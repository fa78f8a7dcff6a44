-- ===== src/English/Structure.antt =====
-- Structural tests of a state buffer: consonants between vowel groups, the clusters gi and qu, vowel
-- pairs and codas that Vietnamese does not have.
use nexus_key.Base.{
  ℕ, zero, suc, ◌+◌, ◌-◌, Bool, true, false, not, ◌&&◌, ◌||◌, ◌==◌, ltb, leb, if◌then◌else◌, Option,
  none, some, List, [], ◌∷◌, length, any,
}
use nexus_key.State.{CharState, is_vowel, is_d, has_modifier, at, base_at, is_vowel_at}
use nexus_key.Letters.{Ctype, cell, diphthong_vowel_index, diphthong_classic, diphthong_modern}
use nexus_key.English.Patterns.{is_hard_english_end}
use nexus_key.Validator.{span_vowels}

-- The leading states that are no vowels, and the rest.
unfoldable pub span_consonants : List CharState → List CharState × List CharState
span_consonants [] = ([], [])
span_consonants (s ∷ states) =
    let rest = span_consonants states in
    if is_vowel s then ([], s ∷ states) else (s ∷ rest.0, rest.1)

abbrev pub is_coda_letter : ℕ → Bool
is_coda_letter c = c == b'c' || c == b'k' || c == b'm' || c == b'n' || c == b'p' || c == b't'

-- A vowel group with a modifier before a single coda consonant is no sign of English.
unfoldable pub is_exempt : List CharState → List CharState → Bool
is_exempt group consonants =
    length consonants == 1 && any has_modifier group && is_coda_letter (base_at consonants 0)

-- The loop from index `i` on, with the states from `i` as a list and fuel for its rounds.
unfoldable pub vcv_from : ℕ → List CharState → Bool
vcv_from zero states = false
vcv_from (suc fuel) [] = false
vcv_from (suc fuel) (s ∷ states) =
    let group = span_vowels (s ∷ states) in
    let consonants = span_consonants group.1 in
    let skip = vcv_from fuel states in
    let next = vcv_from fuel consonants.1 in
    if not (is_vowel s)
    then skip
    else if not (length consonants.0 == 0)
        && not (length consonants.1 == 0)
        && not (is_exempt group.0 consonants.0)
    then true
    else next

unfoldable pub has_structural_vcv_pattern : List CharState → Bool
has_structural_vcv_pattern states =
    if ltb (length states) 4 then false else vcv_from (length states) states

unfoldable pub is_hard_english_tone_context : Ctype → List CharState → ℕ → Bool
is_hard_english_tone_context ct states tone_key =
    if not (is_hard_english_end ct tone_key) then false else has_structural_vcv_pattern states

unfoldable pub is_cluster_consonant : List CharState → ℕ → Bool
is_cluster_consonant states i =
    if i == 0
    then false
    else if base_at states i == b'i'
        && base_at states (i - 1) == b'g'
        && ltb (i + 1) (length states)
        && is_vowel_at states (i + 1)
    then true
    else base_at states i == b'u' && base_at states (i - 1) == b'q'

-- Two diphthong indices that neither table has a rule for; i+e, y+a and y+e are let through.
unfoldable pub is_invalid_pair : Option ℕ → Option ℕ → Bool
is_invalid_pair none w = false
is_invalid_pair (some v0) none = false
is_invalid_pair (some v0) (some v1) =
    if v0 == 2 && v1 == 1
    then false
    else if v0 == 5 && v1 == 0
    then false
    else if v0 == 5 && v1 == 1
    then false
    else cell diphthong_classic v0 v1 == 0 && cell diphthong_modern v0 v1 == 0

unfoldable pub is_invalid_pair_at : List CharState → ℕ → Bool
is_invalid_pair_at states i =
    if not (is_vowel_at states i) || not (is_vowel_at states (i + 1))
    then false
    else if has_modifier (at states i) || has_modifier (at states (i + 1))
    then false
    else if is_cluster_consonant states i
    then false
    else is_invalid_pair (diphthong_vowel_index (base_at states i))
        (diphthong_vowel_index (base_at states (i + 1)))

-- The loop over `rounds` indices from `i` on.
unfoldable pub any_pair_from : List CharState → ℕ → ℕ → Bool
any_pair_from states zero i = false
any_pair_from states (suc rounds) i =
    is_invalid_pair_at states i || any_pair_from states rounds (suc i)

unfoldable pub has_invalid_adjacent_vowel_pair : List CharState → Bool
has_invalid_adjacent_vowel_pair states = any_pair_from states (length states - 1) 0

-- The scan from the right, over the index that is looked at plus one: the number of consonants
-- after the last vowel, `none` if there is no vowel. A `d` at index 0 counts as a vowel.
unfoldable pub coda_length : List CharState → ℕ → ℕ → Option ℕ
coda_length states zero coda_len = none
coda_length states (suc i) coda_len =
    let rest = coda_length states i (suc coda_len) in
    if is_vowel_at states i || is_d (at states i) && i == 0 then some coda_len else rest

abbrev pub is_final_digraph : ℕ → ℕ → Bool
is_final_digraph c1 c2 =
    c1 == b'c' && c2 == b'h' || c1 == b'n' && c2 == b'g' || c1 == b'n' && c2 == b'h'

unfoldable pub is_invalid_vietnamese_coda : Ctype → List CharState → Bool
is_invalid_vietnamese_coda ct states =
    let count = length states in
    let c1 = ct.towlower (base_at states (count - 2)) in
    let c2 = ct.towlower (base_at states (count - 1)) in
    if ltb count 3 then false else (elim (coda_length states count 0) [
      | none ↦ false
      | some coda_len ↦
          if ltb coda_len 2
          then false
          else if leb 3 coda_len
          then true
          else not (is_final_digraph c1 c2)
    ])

::::

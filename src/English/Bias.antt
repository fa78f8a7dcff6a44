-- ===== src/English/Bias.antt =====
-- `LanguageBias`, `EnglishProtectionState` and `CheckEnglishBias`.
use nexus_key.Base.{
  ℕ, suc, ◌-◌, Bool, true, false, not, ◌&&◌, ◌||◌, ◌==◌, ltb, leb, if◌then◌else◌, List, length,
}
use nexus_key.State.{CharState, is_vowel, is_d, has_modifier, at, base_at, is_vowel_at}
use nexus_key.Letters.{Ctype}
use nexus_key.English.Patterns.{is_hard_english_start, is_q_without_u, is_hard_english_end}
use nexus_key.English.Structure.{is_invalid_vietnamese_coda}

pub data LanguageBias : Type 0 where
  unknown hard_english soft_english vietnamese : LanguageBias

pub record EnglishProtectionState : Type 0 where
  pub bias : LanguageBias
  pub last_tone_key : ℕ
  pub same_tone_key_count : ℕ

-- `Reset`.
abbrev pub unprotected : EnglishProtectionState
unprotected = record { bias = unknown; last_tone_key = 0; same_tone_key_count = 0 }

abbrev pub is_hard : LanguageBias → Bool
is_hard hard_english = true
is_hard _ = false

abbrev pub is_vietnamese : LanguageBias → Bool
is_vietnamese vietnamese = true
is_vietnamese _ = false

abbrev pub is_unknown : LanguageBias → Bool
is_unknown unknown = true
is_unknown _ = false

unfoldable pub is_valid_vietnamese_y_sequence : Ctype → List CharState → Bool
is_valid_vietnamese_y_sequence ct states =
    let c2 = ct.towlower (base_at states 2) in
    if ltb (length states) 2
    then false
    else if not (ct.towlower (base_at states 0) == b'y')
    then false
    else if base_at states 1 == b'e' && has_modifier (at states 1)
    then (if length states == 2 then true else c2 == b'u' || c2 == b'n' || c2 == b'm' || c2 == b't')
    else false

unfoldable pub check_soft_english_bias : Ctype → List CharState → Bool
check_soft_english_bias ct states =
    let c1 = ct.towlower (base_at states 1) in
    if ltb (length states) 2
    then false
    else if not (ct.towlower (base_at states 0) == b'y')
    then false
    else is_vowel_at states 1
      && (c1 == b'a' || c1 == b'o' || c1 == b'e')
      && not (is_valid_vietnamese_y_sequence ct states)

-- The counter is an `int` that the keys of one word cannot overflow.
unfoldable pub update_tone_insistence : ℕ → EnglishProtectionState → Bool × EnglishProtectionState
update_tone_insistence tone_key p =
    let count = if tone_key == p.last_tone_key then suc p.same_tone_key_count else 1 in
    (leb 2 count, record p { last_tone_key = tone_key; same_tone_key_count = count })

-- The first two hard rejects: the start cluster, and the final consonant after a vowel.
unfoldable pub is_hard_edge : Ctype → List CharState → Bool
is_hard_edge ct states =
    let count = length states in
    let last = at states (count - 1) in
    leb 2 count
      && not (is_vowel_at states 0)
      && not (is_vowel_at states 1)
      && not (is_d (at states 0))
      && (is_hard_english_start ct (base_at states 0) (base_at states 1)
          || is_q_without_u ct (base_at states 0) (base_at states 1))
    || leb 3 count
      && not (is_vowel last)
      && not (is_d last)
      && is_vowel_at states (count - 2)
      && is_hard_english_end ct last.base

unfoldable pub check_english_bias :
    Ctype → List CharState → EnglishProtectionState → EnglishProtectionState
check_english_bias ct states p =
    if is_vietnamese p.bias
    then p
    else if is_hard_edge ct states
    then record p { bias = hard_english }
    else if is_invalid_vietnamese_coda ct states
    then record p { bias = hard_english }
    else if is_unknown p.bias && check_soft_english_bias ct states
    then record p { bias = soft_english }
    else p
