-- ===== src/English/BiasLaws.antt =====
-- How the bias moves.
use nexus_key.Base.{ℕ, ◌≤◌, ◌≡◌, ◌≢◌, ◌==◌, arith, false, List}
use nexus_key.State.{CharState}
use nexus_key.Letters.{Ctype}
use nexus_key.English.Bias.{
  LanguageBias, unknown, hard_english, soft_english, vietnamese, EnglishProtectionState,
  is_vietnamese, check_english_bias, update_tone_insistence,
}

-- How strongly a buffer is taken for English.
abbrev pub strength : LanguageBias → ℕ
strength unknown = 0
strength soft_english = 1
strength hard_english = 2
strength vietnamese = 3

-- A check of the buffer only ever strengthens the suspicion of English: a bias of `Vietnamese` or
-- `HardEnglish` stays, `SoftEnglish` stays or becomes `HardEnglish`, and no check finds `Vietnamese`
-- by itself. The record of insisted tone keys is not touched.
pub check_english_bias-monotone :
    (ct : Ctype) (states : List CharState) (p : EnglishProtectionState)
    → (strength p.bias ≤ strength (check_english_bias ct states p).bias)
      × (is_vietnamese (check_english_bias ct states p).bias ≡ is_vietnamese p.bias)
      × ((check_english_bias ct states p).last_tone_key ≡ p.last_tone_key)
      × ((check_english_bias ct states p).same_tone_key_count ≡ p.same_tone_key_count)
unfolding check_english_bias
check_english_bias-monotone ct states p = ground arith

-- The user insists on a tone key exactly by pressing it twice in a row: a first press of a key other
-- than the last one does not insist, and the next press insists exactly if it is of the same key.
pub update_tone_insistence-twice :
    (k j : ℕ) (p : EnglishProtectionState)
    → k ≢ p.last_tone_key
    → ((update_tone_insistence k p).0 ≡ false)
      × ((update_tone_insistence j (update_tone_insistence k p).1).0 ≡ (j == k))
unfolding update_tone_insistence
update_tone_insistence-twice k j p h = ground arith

::::

### Instructions for the task
In the listing above, find the line containing "unprotected = record" and the line containing "is_vietnamese _ = false". Output them and every line between, exactly, and nothing else.

### Response to this exercise
unprotected = record { bias = unknown; last_tone_key = 0; same_tone_key_count = 0 }

abbrev pub is_hard : LanguageBias → Bool
is_hard hard_english = true
is_hard _ = false

abbrev pub is_vietnamese : LanguageBias → Bool
is_vietnamese vietnamese = true
is_vietnamese _ = false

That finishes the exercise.